Author: Unreal good

Source: Hang Seng LIGHT Cloud Community

Basic overview

Apache YARN (Yet Another Resource Negotiator) is the Resource management and job scheduling system in Hadoop that was introduced in Hadoop 2.x.

Users can deploy various service frameworks on YARN for unified management and resource allocation.

Yarn is introduced in Hadoop2.x. In Hadoop1.x, MapReduce allocates resources. If MapReduce fails in computing, resource scheduling stops. Have a Yarn.

Core architecture

Yarn architecture consists of ResourceManager, NodeManager, ApplicationMaster, and Container

ResourceManager

  • ResourceManagerUsually deployed independently on a single machine running as an application, there is only one in the cluster, responsible for resource management and allocation of the entire system.
  • ResourceManagerIt is mainly composed of two components: Scheduler and Applications Manager (ASM). It can make decisions based on application priorities, queue capacity, and data location, make allocation policies, and schedule cluster resources in a secure, shared, and multi-tenant manner.

NodeManager

  • NodeManagerIs the manager of each node in the YARN cluster. Responsible for managing the life cycle of all containers within the node, monitoring resources and tracking node health.
  • NodeManagerMainly used for processing fromResourceManagerApplicationMasterThe command.

When a node is started, it registers with ResourceManager and pushes available resource information.

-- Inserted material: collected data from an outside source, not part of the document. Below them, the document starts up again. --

-- ===== src/Client/Typing/Lines.antt =====
-- What the thread of `fn_user_input` writes, in client/user_input.cpp.
use inf.Base.{
  All, Bool, Bool-cases, List, Option, Outcome, Returns, Returns-bind, Returns-if, Returns-mono,
  Str, [], ap, arith, eq_str, eq_ℕ, false, inl, inr, length, nat_eq, none, not, null, ok, refl,
  some, str_eq, true, ◌<◌, ◌∙◌, ◌∷◌, ◌≡◌, ◌≤◌,
}
use inf.Client.Input.{
  UserInput, UserInputData, follow_word, input_follow, input_quit, input_send, next_token, no_input,
  quit_word, read_command, read_follow, read_send, send_word,
}
use inf.Client.Message.{client_payload_size}
use inf.Client.Typing.{InputRound, Typed, after_command, after_line, fn_user_input}
use inf.Server.Connections.{eq_address}
use inf.Server.Message.Payload.{message-NoNul, username-NoNul}
use inf.Shared.Memory.{NoNul, c_string, c_string_id, length-c_string, strcpy, strcpy_reads}
use inf.Shared.Validation.{is_valid_message, is_valid_username}

-- What is read of the bytes of a command: a text to send is valid and fits the payload, a name to
-- follow is valid and not the user's own. Nothing else but a quit is written.
abbrev pub IsTyped : Str → UserInput → Type 0
IsTyped username (input_send d) =
    (is_valid_message (c_string d) ≡ true) × (length (c_string d) < client_payload_size)
IsTyped username (input_follow d) =
    (is_valid_username (c_string d) ≡ true) × (str_eq (c_string d) username ≡ false)
IsTyped username input_quit = Unit {0}
IsTyped username no_input = ⊥

abbrev IsTypedIfAny : Str → Option UserInput → Type 0
IsTypedIfAny username none = Unit {0}
IsTypedIfAny username (some c) = IsTyped username c

length-next_token : (line : Str) → length (next_token line).1 ≤ length line
unfolding next_token
length-next_token [] = omega arith
length-next_token (c ∷ line) = ground (arith, length-next_token line)

-- Every command is such a one, and only the last is a quit, after which the thread is left.
abbrev pub IsInput : Str → List UserInput → Bool → Type 0
IsInput username [] over = Unit {0}
IsInput username (input_quit ∷ cs) over = (cs ≡ []) × (over ≡ true)
IsInput username (c ∷ cs) over = IsTyped username c × IsInput username cs over

-- A line, if there is one, shorter than 128 bytes.
abbrev pub IsShortLine : Option Str → Type 0
IsShortLine none = Unit {0}
IsShortLine (some line) = length line < client_payload_size

abbrev pub IsShortRound : InputRound → Type 0
IsShortRound r = IsShortLine r.line

module _ (uninitialised : UserInputData) (sized : length uninitialised ≡ client_payload_size) where
  copied_is :
      (text : Str)
      → NoNul text
      → length text < client_payload_size
      → Returns (strcpy uninitialised 0 text) λ d. c_string d ≡ text
  copied_is text clean short =
      Returns-mono (λ d. (c_string d ≡ c_string text) × (length d ≡ length uninitialised))
        (λ d. c_string d ≡ text) (strcpy uninitialised 0 text) (λ d e. e.0 ∙ c_string_id text clean)
        (strcpy_reads uninitialised text (omega (arith, sized, short, length-c_string text)))

  read_send-IsTyped :
      (username text : Str)
      → length text < client_payload_size
      → Returns (read_send uninitialised text) (IsTypedIfAny username)
  unfolding read_send
  read_send-IsTyped username text short =
      Returns-if (IsTypedIfAny username) (null text) (ok none) _ tt
        (elim (Bool-cases (is_valid_message text)) [
          | inr invalid ↦ rw invalid tt
          | inl valid ↦ rw valid (
              Returns-bind _ (IsTypedIfAny username) (strcpy uninitialised 0 text) _
                (copied_is text (message-NoNul text valid) short)
                λ d e. (ap is_valid_message e ∙ valid, rw e short))
        ])

  read_follow-IsTyped :
      (username text : Str)
      → length text < client_payload_size
      → Returns (read_follow uninitialised username text) (IsTypedIfAny username)
  unfolding read_follow
  read_follow-IsTyped username [] short = tt
  read_follow-IsTyped username (c ∷ text) short =
      Returns-if (IsTypedIfAny username) (not (nat_eq c 64)) (ok none) _ tt
        (elim (Bool-cases (is_valid_username text)) [
          | inr invalid ↦ rw invalid tt
          | inl valid ↦ elim (Bool-cases (str_eq text username)) [
            | inl own ↦ rw valid (rw own tt)
            | inr other ↦ rw valid (
                rw other (
                  Returns-bind _ (IsTypedIfAny username) (strcpy uninitialised 0 text) _
                    (copied_is text (username-NoNul text valid) (omega (arith, short)))
                    λ d e. (
                      ap is_valid_username e ∙ valid,
                      ap (λ (n : Str). str_eq n username) e ∙ other,
                    )))
          ]
        ])

  read_command-IsTyped :
      (username line : Str)
      → length line < client_payload_size
      → Returns (read_command uninitialised username line) (IsTypedIfAny username)
  unfolding read_command
  read_command-IsTyped username line short =
      let rest = (next_token line).1 in
      let fits : length rest < client_payload_size = omega (arith, short, length-next_token line) in
      Returns-if (IsTypedIfAny username) (null line) (ok none) _ tt (
        Returns-if (IsTypedIfAny username) (str_eq (next_token line).0 quit_word)
          (ok (some input_quit)) _ tt
          (Returns-if (IsTypedIfAny username) (str_eq (next_token line).0 send_word) _ _
            (read_send-IsTyped username rest fits)
            (Returns-if (IsTypedIfAny username) (str_eq (next_token line).0 follow_word) _ _
              (read_follow-IsTyped username rest fits) tt)))

  after-IsInput :
      (username : Str) (c : Option UserInput) (later : Outcome Typed)
      → IsTypedIfAny username c
      → Returns later (λ t. IsInput username t.0 t.1)
      → Returns (after_command c later) λ t. IsInput username t.0 t.1
  after-IsInput username none later h k = k
  after-IsInput username (some input_quit) later h k = (refl, refl)
  after-IsInput username (some no_input) later h k =
      Returns-bind (λ t. IsInput username t.0 t.1) (λ t. IsInput username t.0 t.1) later _ k
        (λ t i. (h, i))
  after-IsInput username (some (input_send d)) later h k =
      Returns-bind (λ t. IsInput username t.0 t.1) (λ t. IsInput username t.0 t.1) later _ k
        (λ t i. (h, i))
  after-IsInput username (some (input_follow d)) later h k =
      Returns-bind (λ t. IsInput username t.0 t.1) (λ t. IsInput username t.0 t.1) later _ k
        (λ t i. (h, i))

  after_line-IsInput :
      (username : Str) (line : Option Str) (told : Bool) (later : Outcome Typed)
      → IsShortLine line
      → Returns later (λ t. IsInput username t.0 t.1)
      → Returns (after_line uninitialised username line told later) λ t. IsInput username t.0 t.1
  after_line-IsInput username none told later short k = (refl, refl)
  after_line-IsInput username (some buffer) told later short k =
      Returns-if (λ t. IsInput username t.0 t.1) told (ok ([], true)) _ tt
        (Returns-bind (IsTypedIfAny username) (λ t. IsInput username t.0 t.1)
          (read_command uninitialised username buffer) _
          (read_command-IsTyped username buffer short)
          λ c typed. after-IsInput username c later typed k)

  -- If every line that is typed is shorter than 128 bytes, the input thread ends its rounds without
  -- a crash. What it has written then are valid texts shorter than 128 bytes to send, valid names
  -- other than the user's own to follow, and at most one command to quit: the last, after which the
  -- thread is left. The uninitialised object has its size.
  pub fn_user_input_lem :
      (username : Str) (rounds : List InputRound)
      → All IsShortRound rounds
      → Returns (fn_user_input uninitialised username rounds) λ t. IsInput username t.0 t.1
  unfolding fn_user_input
  fn_user_input_lem username [] h = tt
  fn_user_input_lem username (r ∷ rounds) h =
      let others = fn_user_input_lem username rounds h.1 in
      Returns-if (λ t. IsInput username t.0 t.1) r.told_before (ok ([], true)) _ tt
        (after_line-IsInput username r.line r.told_after
          (fn_user_input uninitialised username rounds) h.0 others)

During the running, NodeManager and ResourceManager work together to constantly update the information and ensure the optimal status of the cluster.

ApplicationMaster

  • When a user submits an application, YARN starts a lightweight processApplicationMaster.
  • ApplicationMasterResponsible for coordinating fromResourceManagerResources, and throughNodeManagerMonitors resource usage within the container and is responsible for task monitoring and fault tolerance.

ApplicationMaster can split data, dynamically match resource requirements based on application status, monitor and track task status and progress, and report application progress information.

Container

  • ContainerA resource abstraction in YARN encapsulates multi-dimensional resources on a node, such as memory, CPU, disks, and networks.
  • whenApplicationMasterResourceManagerWhen applying for resources,ResourceManagerApplicationMasterThe returned resource is usedContainerSaid.
  • YARN allocates one task to each taskContainerCan be used only by this taskContainerResources described in.
  • ApplicationMasterCan be inContainerTo run any type of task.

The working process

The whole workflow of YARN application submission:

  • First, the client submits the task to YARN.ResourceManagerSubmit the application and request oneApplicationMasterInstance;
  • ResourceManagerWill choose a runnable oneNodeManagerAnd, inContainerIs up and runningApplicationMasterInstance;
  • To start theApplicationMasterResourceManagerRegister yourself and maintain heartbeat communication with RM after successful startup.
  • ApplicationMasterResourceManagerSend the request to get the requiredContainerResources;
  • ApplicationMasterBy getting itContainerResources perform distributed computing.
  • After the application runs,ApplicationMasterResourceManagerUnregister yourself and allow it to belong to youcontainerBe retrieved.

conclusion

Yarn schedules and allocates service resources in the Hadoop system to maximize the utilization of machine resources.